GOAL OF THE EXERCISE
Both the line containing "-- transaction in" and the line containing "-- Billing/Service proves" belong to the span. Output exactly that span from the listing below, and nothing outside it.

SOURCE DATA
__________

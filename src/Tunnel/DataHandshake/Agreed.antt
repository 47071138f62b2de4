-- ===== src/Tunnel/DataHandshake/Agreed.antt =====
-- The two ends of a handshake of src/tunnel/data-handshake.ts agree.
use consensus_node.Base.{
  ℕ, Text, codes, text_eq, text_beq, List, [], ◌++◌, Option, none, some, nat_eq, length, ok, ◌≡◌,
  ◌≢◌, ◌≤◌, refl, sym, ap, ◌∙◌, arith, ==_refl, ==_ne, or_else,
}
use consensus_node.Base.Int.{ℤ}
use consensus_node.Base.Json.{Json, num, str, obj, Fields, JsonCodec, lookup, IsPlain, IsSafe}
use consensus_node.Crypto.Primitives.{Kdf, Signatures, Base64}
use consensus_node.Crypto.Channel.{SecureSession, client, server, session_of}
use consensus_node.Crypto.Channel.Session.{opposite}
use consensus_node.Crypto.Channel.Derived.{
  not_empty, session_id_not_empty, derived, session_of-server,
}
use consensus_node.Tunnel.Checks.Encoded.{bytes_of-encode}
use consensus_node.Tunnel.ResponderAuth.{
  create_challenge, sign_challenge, verify_proof, default_clock_tolerance_sec, default_max_age_sec,
}
use consensus_node.Tunnel.ResponderAuth.Proven.{
  IsFresh, proof, proof-IsMessage, proof-nonces, proof-IsPlain, verify-sign_challenge,
}
use consensus_node.Tunnel.DataHandshake.{
  not_a_text, nothing_decoded, ClientDataHandshake, NodeDataHandshake, assert_base, decode_base64,
  assert_data_init, assert_data_accept, create_data_init, init_fields, accept_fields, init_type,
  accept_type, channel_binding, accept_data_init, derive_client_data_session, client_binding,
  proof_options,
}

module _ (base64 : Base64) where
  decode-encode_base64 :
      (b : List ℕ) → b ≢ [] → decode_base64 base64 (some (str (base64.encode b))) ≡ ok b
  unfolding decode_base64
  decode-encode_base64 b h = bytes_of-encode base64 not_a_text nothing_decoded b h

  module _ (node_id public_key nonce : Text) (now : ℤ) where
    -- What the node reads in an init message.
    init_read :
        let fs = init_fields node_id public_key nonce now in
        (assert_base (obj fs) init_type ≡ ok fs)
        × (lookup (codes "node_id") fs ≡ some (str node_id))
        × (lookup (codes "client_public_key") fs ≡ some (str public_key))
        × (lookup (codes "client_nonce") fs ≡ some (str nonce))
        × (lookup (codes "timestamp") fs ≡ some (num now))
    unfolding assert_base init_fields lookup text_beq
    init_read = (refl, refl, refl, refl, refl)

  module _ (public_key session_id : Text) (proven : Json) where
    -- What the client reads in an accept message.
    accept_read :
        let fs = accept_fields public_key session_id proven in
        (assert_base (obj fs) accept_type ≡ ok fs)
        × (lookup (codes "node_public_key") fs ≡ some (str public_key))
        × (lookup (codes "session_id") fs ≡ some (str session_id))
        × (lookup (codes "proof") fs ≡ some proven)
    unfolding assert_base accept_fields lookup text_beq
    accept_read = (refl, refl, refl, refl)

  init_asserted :
      (node_id : Text) (key nonce : List ℕ) (now : ℤ)
      → node_id ≢ []
      → key ≢ []
      → nonce ≢ []
      → let fs = init_fields node_id (base64.encode key) (base64.encode nonce) now in
        assert_data_init base64 (obj fs) ≡ ok fs
  unfolding assert_data_init
  init_asserted node_id key nonce now named keyed fresh =
      let (base, n, k, c, t) = init_read node_id (base64.encode key) (base64.encode nonce) now in
      rw
        (
          base,
          n,
          k,
          c,
          t,
          ==_ne node_id [] named,
          decode-encode_base64 key keyed,
          decode-encode_base64 nonce fresh,
        )
        refl

  accept_asserted :
      (key : List ℕ) (session_id : Text) (proven : Fields)
      → key ≢ []
      → session_id ≢ []
      → let fs = accept_fields (base64.encode key) session_id (obj proven) in
        assert_data_accept base64 (obj fs) ≡ ok fs
  unfolding assert_data_accept
  accept_asserted key session_id proven keyed named =
      let (base, k, s, p) = accept_read (base64.encode key) session_id (obj proven) in
      rw (base, k, s, p, ==_ne session_id [] named, decode-encode_base64 key keyed) refl

module _ (kdf : Kdf) where
  module _ (base64 : Base64) (json : JsonCodec) (signatures : Signatures) (node_id : Text)
      (identity_key a b : ℕ) (cn nn secret : List ℕ) (issued : ℤ) where
    abbrev public_text : ℕ → Text
    public_text key = base64.encode (kdf.public_key key)

    -- The transcript that both ends hash.
    pub transcript : List ℕ
    transcript = channel_binding base64 kdf json (record {
      node_id = node_id;
      client_public_key = public_text a;
      client_nonce = base64.encode cn;
      node_public_key = public_text b;
      node_nonce = base64.encode nn;
    })

    transcript_bound : ◌≢◌ {A = Option (List ℕ)} (some transcript) (some [])
    unfolding transcript channel_binding
    transcript_bound e =
        let n : length transcript ≡ 32 = kdf.length-sha256 _ in
        let z : length transcript ≡ 0 =
          ap (λ (o : Option (List ℕ)). elim o [ none ↦ 0 | some t ↦ length t ]) e in
        absurd (omega arith)

    pub asked : ClientDataHandshake
    asked = create_data_init base64 kdf node_id issued a cn

    pub session : SecureSession
    unfolding transcript
    session = session_of kdf server secret (kdf.sha256 (cn ++ (nn ++ transcript)))

    -- The proof that the node signs for this transcript.
    pub proven : Fields
    unfolding transcript
    proven = proof base64 signatures json node_id identity_key cn nn issued issued (some transcript)

    pub accepted : Fields
    unfolding session proven
    accepted = accept_fields (public_text b) session.session_id (obj proven)

    accepted-IsPlain : IsSafe issued → IsPlain (obj accepted)
    unfolding accepted accept_fields lookup text_beq proven
    accepted-IsPlain safe = (
      refl,
      tt,
      (
        refl,
        tt,
        (
          refl,
          (omega arith, omega arith),
          (
            refl,
            tt,
            (
              refl,
              tt,
              (
                refl,
                proof-IsPlain base64 signatures json node_id identity_key cn nn issued issued
                    (some transcript) safe,
                tt,
              ),
            ),
          ),
        ),
      ),
    )

    module _ (named : node_id ≢ []) (long : 16 ≤ length cn) (long' : 16 ≤ length nn)
        (agreed : kdf.derive a (kdf.public_key b) ≡ some secret) where
      proved :
          (clock : ℤ) (now : Option ℤ)
          → IsFresh issued (or_else now clock) default_clock_tolerance_sec default_max_age_sec
          → let challenge = create_challenge base64 node_id issued cn (some transcript) in
            (sign_challenge base64 signatures json challenge identity_key node_id issued nn
              ≡ ok (obj proven))
            × (verify_proof base64 signatures json clock (record {
              proof = obj proven;
              challenge = challenge;
              expected_node_id = node_id;
              expected_node_public_key = signatures.public_of identity_key;
              now = now;
              clock_tolerance_sec = none;
              max_age_sec = none;
            })
                ≡ ok proven)
      unfolding proven
      proved clock now fresh =
          verify-sign_challenge base64 signatures json node_id identity_key cn nn issued issued
            (some transcript) clock now none none named (not_empty cn long) (not_empty nn long')
            transcript_bound fresh

      accept-create_data_init :
          (clock : ℤ) (now : Option ℤ)
          → IsFresh issued (or_else now clock) default_clock_tolerance_sec default_max_age_sec
          → accept_data_init base64 kdf json signatures asked.message identity_key node_id issued b
              nn
            ≡ ok (record { message = obj accepted; session = session })
      unfolding accept_data_init asked create_data_init session accepted transcript
      accept-create_data_init clock now fresh =
          let (base, n, k, c, t) =
            init_read base64 node_id (public_text a) (base64.encode cn) issued in
          rw
            (
              init_asserted base64 node_id (kdf.public_key a) cn issued named
                  (kdf.public_key_not_empty a) (not_empty cn long),
              n,
              k,
              c,
              ==_refl node_id,
              decode-encode_base64 base64 (kdf.public_key a) (kdf.public_key_not_empty a),
              decode-encode_base64 base64 cn (not_empty cn long),
            )
            (rw
              (
                derived kdf server b (kdf.public_key a) cn nn transcript secret long long'
                    (sym (kdf.agree a b) ∙ agreed),
                (proved clock now fresh).0,
              )
              refl)

      proven_read :
          (lookup (codes "node_nonce") proven ≡ some (str (base64.encode nn)))
          × (lookup (codes "timestamp") proven ≡ some (num issued))
      unfolding proven
      proven_read =
          let (_, n, _) =
            proof-nonces base64 signatures json node_id identity_key cn nn issued issued
              (some transcript) in
          (
            n,
            (proof-IsMessage base64 signatures json node_id identity_key cn nn issued issued
                (some transcript)).says_timestamp,
          )

      derive-accept_data_init :
          (clock : ℤ) (now : Option ℤ)
          → IsFresh issued (or_else now clock) default_clock_tolerance_sec default_max_age_sec
          → derive_client_data_session base64 kdf json signatures asked
              (obj accepted)
              node_id
              (signatures.public_of identity_key)
              now
              clock
            ≡ ok (opposite session)
      unfolding derive_client_data_session client_binding proof_options asked create_data_init
          session accepted transcript
      derive-accept_data_init clock now fresh =
          let (base, k, s, p) =
            accept_read base64 (public_text b)
              (session_of kdf server secret (kdf.sha256 (cn ++ (nn ++ transcript)))).session_id
              (obj proven) in
          let (_, _, k', c', _) =
            init_read base64 node_id (public_text a) (base64.encode cn) issued in
          let (n, t) = proven_read in
          rw
            (
              accept_asserted base64 (kdf.public_key b)
                  (session_of kdf server secret (kdf.sha256 (cn ++ (nn ++ transcript)))).session_id
                  proven (kdf.public_key_not_empty b) (session_id_not_empty kdf server secret _),
              p,
              k',
              c',
              k,
              n,
              t,
            )
            (rw
              (
                (proved clock now fresh).1,
                decode-encode_base64 base64 (kdf.public_key b) (kdf.public_key_not_empty b),
                decode-encode_base64 base64 nn (not_empty nn long'),
                derived kdf client a (kdf.public_key b) cn nn transcript secret long long' agreed,
                s,
                session_of-server kdf secret (kdf.sha256 (cn ++ (nn ++ transcript))),
                ==_refl
                    (session_of kdf server secret
                      (kdf.sha256 (cn ++ (nn ++ transcript)))).session_id,
              )
              refl)

      -- A handshake succeeds and its ends agree: a node that receives the client's message accepts
      -- it, and the client, with the node's answer and the public key of the node's identity, derives
      -- the node's session seen from the other end, at every time at which the node's proof is fresh.
      -- The node's id is not empty, both nonces have sixteen bytes or more, and the drawn keys have a
      -- shared secret.
      pub derive-accept-create_data_init :
          (clock : ℤ) (now : Option ℤ)
          → IsFresh issued (or_else now clock) default_clock_tolerance_sec default_max_age_sec
          → (answer : NodeDataHandshake) × (accept_data_init base64 kdf json signatures
                (create_data_init base64 kdf node_id issued a cn).message
                identity_key
                node_id
                issued
                b
                nn
              ≡ ok answer)
            × (derive_client_data_session base64 kdf json signatures
                  (create_data_init base64 kdf node_id issued a cn)
                  answer.message
                  node_id
                  (signatures.public_of identity_key)
                  now
                  clock
                ≡ ok (opposite answer.session))
      unfolding asked
      derive-accept-create_data_init clock now fresh = (
        record { message = obj accepted; session = session },
        accept-create_data_init clock now fresh,
        derive-accept_data_init clock now fresh,
      )

      -- The same, and the node's answer is read as it was written, as is the time of the handshake.
      pub handshake-IsPlain :
          (clock : ℤ) (now : Option ℤ)
          → IsFresh issued (or_else now clock) default_clock_tolerance_sec default_max_age_sec
          → IsSafe issued
          → (answer : NodeDataHandshake) × (accept_data_init base64 kdf json signatures
                (create_data_init base64 kdf node_id issued a cn).message
                identity_key
                node_id
                issued
                b
                nn
              ≡ ok answer)
            × (derive_client_data_session base64 kdf json signatures
                  (create_data_init base64 kdf node_id issued a cn)
                  answer.message
                  node_id
                  (signatures.public_of identity_key)
                  now
                  clock
                ≡ ok (opposite answer.session))
            × IsPlain answer.message
      unfolding asked
      handshake-IsPlain clock now fresh safe = (
        record { message = obj accepted; session = session },
        accept-create_data_init clock now fresh,
        derive-accept_data_init clock now fresh,
        accepted-IsPlain safe,
      )
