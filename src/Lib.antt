-- ===== src/Lib.antt =====
-- The job workflow of the G2 Sentry Guardian backend: a client's job is offered to guardians, who
-- accept, travel, work on site and finish; the job is invoiced, the invoice paid, and the guardians
-- paid out. The services keep the database rows of assignments, jobs, shifts and money in step, and
-- leave events for a worker.
--
-- The parts and where they are modelled:
-- - Prelude: Boolean tests, lists, an equality interface, text, keyed tables (Prelude/Table, laws in
--   Table/Laws), the choice of the best row by priority (Prelude/Priority) and handlers as state
--   passing with errors (Prelude/Effect, rules in Effect/Rules).
-- - Data: the enums (Status) and rows (Rows, Money) of prisma/schema.prisma, and the database with its
--   transactions (Session). A handler is a function from the database to a result and a database.
--   `$transaction` keeps the database as it was beside what it sees: a statement on `tx` is `on_tx`, a
--   statement on `this.prisma` is `on_pool` and outlives a rollback.
-- - Jobs: src/jobs/job-lifecycle.service.ts (Lifecycle), job-staffing.util.ts (Progress),
--   job-staffing.service.ts (Staffing), jobs.service.ts as far as it cancels, dispatches and completes
--   (Requests), job-status-reconciliation.service.ts (Reconciliation); what they leave alone (Frame),
--   the history (History), a full job (Filled), a cancelled one (Closed, Departed,
--   Cancelled).
-- - Guardians: src/guardians/shift-state.service.ts and guardian-eligibility.service.ts (ShiftState),
--   what their shifts keep (Consistency).
-- - Payroll: src/guardian-payroll. guardian-pay-policy.service.ts (PayPolicy), what it picks (Choice);
--   guardian-payroll-calculation.util.ts (Hours); guardian-payroll.service.ts (Earnings, Payouts), with
--   what they keep (Accrued) and what a payout does (Paid).
-- - Dispatching: src/dispatching/dispatching.service.ts; the file itself has the calls that the
--   assignment handlers make, Offers and Release the offers that are made and taken back, Failures the
--   ends of a search, Rounds processDispatch, Requests the other entries. Eligibility is
--   src/guardians/guardian-dispatch-eligibility.service.ts. Proofs: Frame, Slots, Choice, Failure,
--   Certificates.
-- - Queue: the timers of offers (src/queue/queue.service.ts).
-- - Billing: src/billing and src/payments. Calculation is billing-calculation.service.ts, Booking
--   src/common/config/booking-policy.config.ts, Drafts and Invoices billing.service.ts with
--   invoice-status.util.ts, invoice-view.service.ts and billing-confirmation.service.ts, Payments
--   src/payments/payments.service.ts; Requests gathers what a caller can ask for, Tables has the lemmas
--   on the ledger. Edits is an abstract machine of invoices; Edits/Handlers,
--   Edits/Accrual and Steps show that the requests are its
--   steps, and Lifecycle draws the conclusion. Earned and
--   Accruals say what a request does to the earnings, Wages that they belong to paid invoices.
--   Disputes, Repeats, Night and Amounts are about single operations. Service fills the interface `Billing` of the assignment handlers.
-- - Policies: src/common/policies/resource-owner.policy.ts; Setup has primary-location-setup.policy.ts
--   and organization-verification.policy.ts of the same folder.
-- - Assignments: src/assignments. Transitions has the table of assignment-transitions.ts, Update the
--   two optimistic writes; the handlers of assignments.service.ts stand in Offers, OnSite,
--   EarlyRelease, Replacement, Completion and NoShow, the last and EarlyRelease with the automation
--   services; Requests gathers the routes. The theory of a step of an assignment is Advance, of a
--   commit Commits, of a read Reads; Follow and Handlers apply it to each handler; Safety, Slots
--   and Handoff draw the conclusions.
-- - Outbox: src/outbox (the table, the worker), with its Laws and its Failures.
-- - Auth: src/auth/otp.service.ts (Otp), what becomes of a session (Sessions). Whether a code matches
--   a hash (bcrypt) and whether a message is taken are parameters.
-- - Runs: the services run on a small database.
--
-- How they interact: AssignmentsService reads an assignment with its job, checks it, and opens a
-- transaction in which it writes the assignment against the version it has read, asks the staffing
-- service to count the slots and the lifecycle service to move the job, and sets the guardian's shift;
-- after the commit it writes the audit log, notices and outbox events. Each of these calls is a call
-- of the model's function of the same name.
--
-- Choices. Ids are numbers, times are milliseconds, Decimals with two places are hundredths. The
-- clock is read once per request, since two readings in one request differ by what it takes to run.
-- Requests run one after another, so row locks (`FOR UPDATE`) have no counterpart; that a row may
-- change between a read and a commit is stated about the commits themselves. A notice or an e-mail
-- is recorded as a request for it; what the mail and SMS services do is not modelled. Decimals are
-- exact: an amount is a natural number of a unit so small (`invoice_unit`, `pay_unit`) that the
-- products of rates, hours and shares are whole; what doubles and the columns' two decimals round
-- is left out. BillingService is an interface (Assignments/Completion): the handlers call it to
-- make a draft invoice, of which it is assumed that it leaves assignments and jobs alone;
-- Billing/Service proves this of the model of the service. How the consumer of an outbox event ends
-- is a parameter. The loop of isNightShift runs on fuel, one more than the hours of the shift,
-- which Billing/Night proves to be enough; all other recursion is on lists, tables and histories.
--
-- Not modelled: tokens and permissions, which are checked before a handler, the payload of audit
-- entries, the wording of messages, the columns that no modelled code reads, lists and summaries that
-- only read, the creation of jobs, organizations, administration, analytics, documents and webhooks.
pub mod Prelude
pub mod Data
pub mod Jobs
pub mod Guardians
pub mod Payroll
pub mod Dispatching
pub mod Policies
pub mod Assignments
pub mod Billing
pub mod Outbox
pub mod Runs
pub mod Auth
pub mod Queue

__________

ANSWER FOR THIS EXERCISE
-- transaction in which it writes the assignment against the version it has read, asks the staffing
-- service to count the slots and the lifecycle service to move the job, and sets the guardian's shift;
-- after the commit it writes the audit log, notices and outbox events. Each of these calls is a call
-- of the model's function of the same name.
--
-- Choices. Ids are numbers, times are milliseconds, Decimals with two places are hundredths. The
-- clock is read once per request, since two readings in one request differ by what it takes to run.
-- Requests run one after another, so row locks (`FOR UPDATE`) have no counterpart; that a row may
-- change between a read and a commit is stated about the commits themselves. A notice or an e-mail
-- is recorded as a request for it; what the mail and SMS services do is not modelled. Decimals are
-- exact: an amount is a natural number of a unit so small (`invoice_unit`, `pay_unit`) that the
-- products of rates, hours and shares are whole; what doubles and the columns' two decimals round
-- is left out. BillingService is an interface (Assignments/Completion): the handlers call it to
-- make a draft invoice, of which it is assumed that it leaves assignments and jobs alone;
-- Billing/Service proves this of the model of the service. How the consumer of an outbox event ends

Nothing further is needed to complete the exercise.